Agustín Unzurrunzaga

La exageración como gangrena

(Hika, 131, marzo de 2002)

Los problemas que ha tenido una joven inmigrante de origen marroquí para ir a la escuela vestida con un pañuelo que le cubriese el cabello, y las declaraciones efectuadas al calor de este asunto por el presidente del Foro de la Inmigración Mikel Azurmendi, a las que se sumaron, entre otros, el Delegado para la Extranjería, Enrique Fernández Miranda, y el Defensor del Pueblo, Enrique Múgica, han originado una curiosa polémica sobre el multiculturalismo, la democracia, la igualdad ante la ley, la aplicación de las leyes, la integración, la voluntad de adaptación de los inmigrantes procedentes del mundo islámico o la posibilidad de convivencia en el mismo espacio político y social de personas procedentes de espacios culturales parcialmente diferentes.

La discusión, por lo menos para mi disgusto, ha estado atravesada por la exageración, por la imprecisión y por las expresiones de sal gruesa. En sus protagonistas principales yo no he apreciado ningún ánimo de aclarar conceptos, o de ver los pros y los contras de éstas o aquellas prácticas que permitan una mejor convivencia. Más bien, todo lo contrario.

Dando por hecho que no siempre es posible elegir cómo y de qué discutir, entremos en la polémica.

El pañuelo o hiyab

Comparto la opinión de quienes dicen que el hecho de que algunas alumnas de religión musulmana vayan a la escuela, al instituto o a la universidad con el cabello cubierto por un pañuelo no hay que exagerarlo ni banalizarlo. Ello obliga, por tanto, y en primer lugar, a analizar las situaciones en concreto y a huir de las generalizaciones.

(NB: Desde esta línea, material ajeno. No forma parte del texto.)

-- ===== src/Sd.antt =====
-- src/dev_sd.c: the SD card on SPI. A call is a function on what hangs on the port. The loops that
-- wait for the card without limit (`sd_response_r1`) make `patience` rounds: `none` is a card that
-- has not answered by then, for which the code waits on. The mutex of the port is taken to be free.
pub mod Start
pub mod Blocks
pub mod Transfer
pub mod Answers
pub mod BlockReads
pub mod BlockWrites
pub mod Card
pub mod Reads
pub mod Writes
pub mod Wire
mod Examples
mod Simulated
use Prim.Native.Nat.{bit_and, bit_or}
use zosys.Common.{
  ℕ, zero, suc, ◌+◌, ◌*◌, ◌/◌, ◌%◌, ◌^◌, ◌≡◌, ap, Bool, true, false, not, Option, none, some, List,
  [], ◌∷◌, if◌then◌else◌, ltb, ◌==◌,
}
use zosys.Common.Int.{ℤ, pos, minus_one}
use zosys.Spi.{Csio, spi_in_byte, spi_out_byte, spi_cs_none, spi_cs1}

abbrev pub Io : Type 0 → Type 0 → Type 0
Io D A = D → Option (A × D)

module _ {D : Type 0} where
  abbrev pub pure : {A : Type 0} → A → Io D A
  pure a d = some (a, d)

  abbrev pub and_then : {A B : Type 0} → Option (A × D) → (A → Io D B) → Option (B × D)
  and_then none f = none
  and_then (some (a, d)) f = f a d

  infixl 5 ◌>>=◌ ◌>>◌
  abbrev pub ◌>>=◌ : {A B : Type 0} → Io D A → (A → Io D B) → Io D B
  ◌>>=◌ m f d = and_then (m d) f

  -- What follows a call that gives a result.
  pub after :
      {A B : Type 0} {o : Option (A × D)} {a : A} {d' : D} (f : A → Io D B)
      → o ≡ some (a, d')
      → and_then o f ≡ f a d'
  after f e = ap (λ o. and_then o f) e

  abbrev pub ◌>>◌ : {B : Type 0} → Io D (Unit {0}) → Io D B → Io D B
  m >> n = m >>= λ _. n

-- `struct` of a response R7, and of the others what they give beside R1.
pub record R7 : Type 0 where
  pub r1 : ℕ
  pub command_version : ℕ
  pub reserved_bits : ℕ
  pub voltage_accepted : ℕ
  pub check_pattern : ℕ

abbrev pub sd_start_token : ℕ
sd_start_token = 0xfe

abbrev pub sd_max_read_attempts : ℕ
sd_max_read_attempts = 1563

abbrev pub sd_max_write_attempts : ℕ
sd_max_write_attempts = 3907

-- The argument of a command, the highest byte first.
abbrev pub byte_of : ℕ → ℕ → ℕ
byte_of n shift = n / 2 ^ shift % 2 ^ 8

module _ {D : Type 0} (port : Csio D) (passive patience : ℕ) where
  abbrev pub out : ℕ → Io D (Unit {0})
  unfolding spi_out_byte
  out b d = some (tt, spi_out_byte port passive b d)

  abbrev pub inp : Io D ℕ
  unfolding spi_in_byte
  inp d = some (spi_in_byte port passive d)

  -- `sd_sel` of card 0, which is none, and of card 1.
  abbrev pub deselect : Io D (Unit {0})
  unfolding spi_cs_none
  deselect d = some (tt, spi_cs_none port passive d)

  abbrev pub select : Io D (Unit {0})
  unfolding spi_cs1
  select d = some (tt, spi_cs1 port passive d)

  -- 0xFF, and the chip select, and 0xFF.
  pub assert_cs : Io D (Unit {0})
  assert_cs = do out 0xff; select; out 0xff

  pub deassert_cs : Io D (Unit {0})
  deassert_cs = do out 0xff; deselect; out 0xff

  -- The loop of `sd_power_up_seq`, with `left` rounds to go.
  pub clocks : ℕ → Io D (Unit {0})
  clocks zero = pure tt
  clocks (suc left) = do out 0xff; clocks left

  -- The delays change nothing here.
  pub sd_power_up_seq : Io D (Unit {0})
  unfolding clocks
  sd_power_up_seq = do deselect; clocks 10

  pub sd_command : (command argument crc : ℕ) → Io D (Unit {0})
  sd_command command argument crc = do
    out (bit_or command 0x40)
    out (byte_of argument 24)
    out (byte_of argument 16)
    out (byte_of argument 8)
    out (byte_of argument 0)
    out (bit_or crc 0x01)

  -- The loop of `sd_response_r1`.
  pub await_r1 : ℕ → Io D ℕ
  await_r1 zero d = none
  await_r1 (suc left) d =
      let next = spi_in_byte port passive d in
      elim (bit_and next.0 0x80 == 0) [ true ↦ some next | false ↦ await_r1 left next.1 ]

  pub sd_response_r1 : Io D ℕ
  unfolding await_r1
  sd_response_r1 = await_r1 patience

  -- The loop of `sd_response_r1b`, while the card is busy.
  pub await_idle : ℕ → Io D (Unit {0})
  await_idle zero d = none
  await_idle (suc left) d =
      let next = spi_in_byte port passive d in
      elim (next.0 == 0) [ true ↦ await_idle left next.1 | false ↦ some (tt, next.1) ]

  unfoldable sd_response_r1b : Io D ℕ
  unfolding sd_response_r1 await_idle
  sd_response_r1b = do r1 ← sd_response_r1; await_idle patience; pure r1

  unfoldable sd_response_r2 : Io D (ℕ × ℕ)
  unfolding sd_response_r1
  sd_response_r2 = do r1 ← sd_response_r1; b ← inp; pure (r1, b)

  pub sd_response_r3 : Io D (ℕ × ℕ)
  unfolding sd_response_r1
  sd_response_r3 = do
    r1 ← sd_response_r1
    a ← inp
    b ← inp
    c ← inp
    e ← inp
    pure (r1, a * 2 ^ 24 + b * 2 ^ 16 + c * 2 ^ 8 + e)

  pub sd_response_r7 : Io D R7
  unfolding sd_response_r1
  sd_response_r7 = do
    r1 ← sd_response_r1
    a ← inp
    b ← inp
    c ← inp
    e ← inp
    pure (record {
      r1 = r1;
      command_version = a;
      reserved_bits = b;
      voltage_accepted = c;
      check_pattern = e;
    })

  -- A command between the chip selects, and its response.
  abbrev pub exchange : {A : Type 0} → (command argument crc : ℕ) → Io D A → Io D A
  unfolding assert_cs deassert_cs sd_command
  exchange command argument crc response = do
    assert_cs
    sd_command command argument crc
    r ← response
    deassert_cs
    pure r

  pub sd_go_idle_state : Io D ℕ
  unfolding sd_response_r1 assert_cs deassert_cs sd_command
  sd_go_idle_state = exchange 0 0 0x94 sd_response_r1

  pub sd_send_if_cond : Io D R7
  unfolding sd_response_r7 assert_cs deassert_cs sd_command
  sd_send_if_cond = exchange 8 0x1aa 0x86 sd_response_r7

  pub sd_read_ocr : Io D (ℕ × ℕ)
  unfolding sd_response_r3 assert_cs deassert_cs sd_command
  sd_read_ocr = exchange 58 0 0xff sd_response_r3

  pub sd_send_app : Io D ℕ
  unfolding sd_response_r1 assert_cs deassert_cs sd_command
  sd_send_app = exchange 55 0 0xff sd_response_r1

  pub sd_send_op_cond : Io D ℕ
  unfolding sd_response_r1 assert_cs deassert_cs sd_command
  sd_send_op_cond = exchange 41 0x40000000 0xff sd_response_r1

Hay un tipo de generalización que me parece particularmente perversa, y que consiste en hacer una especie de encadenamiento lógico: el pañuelo lleva a la ablación del clítoris, a la admisión de los castigos corporales, al corte de las muñecas y a la lapidación, todo en el mismo lote. Es el mismo tipo de encadenamiento que se suele hacer con el consumo de drogas por los jóvenes: se empieza bebiendo un zurito de cerveza y se acaba heroinómano perdido.

Pues no. No va todo en el mismo lote.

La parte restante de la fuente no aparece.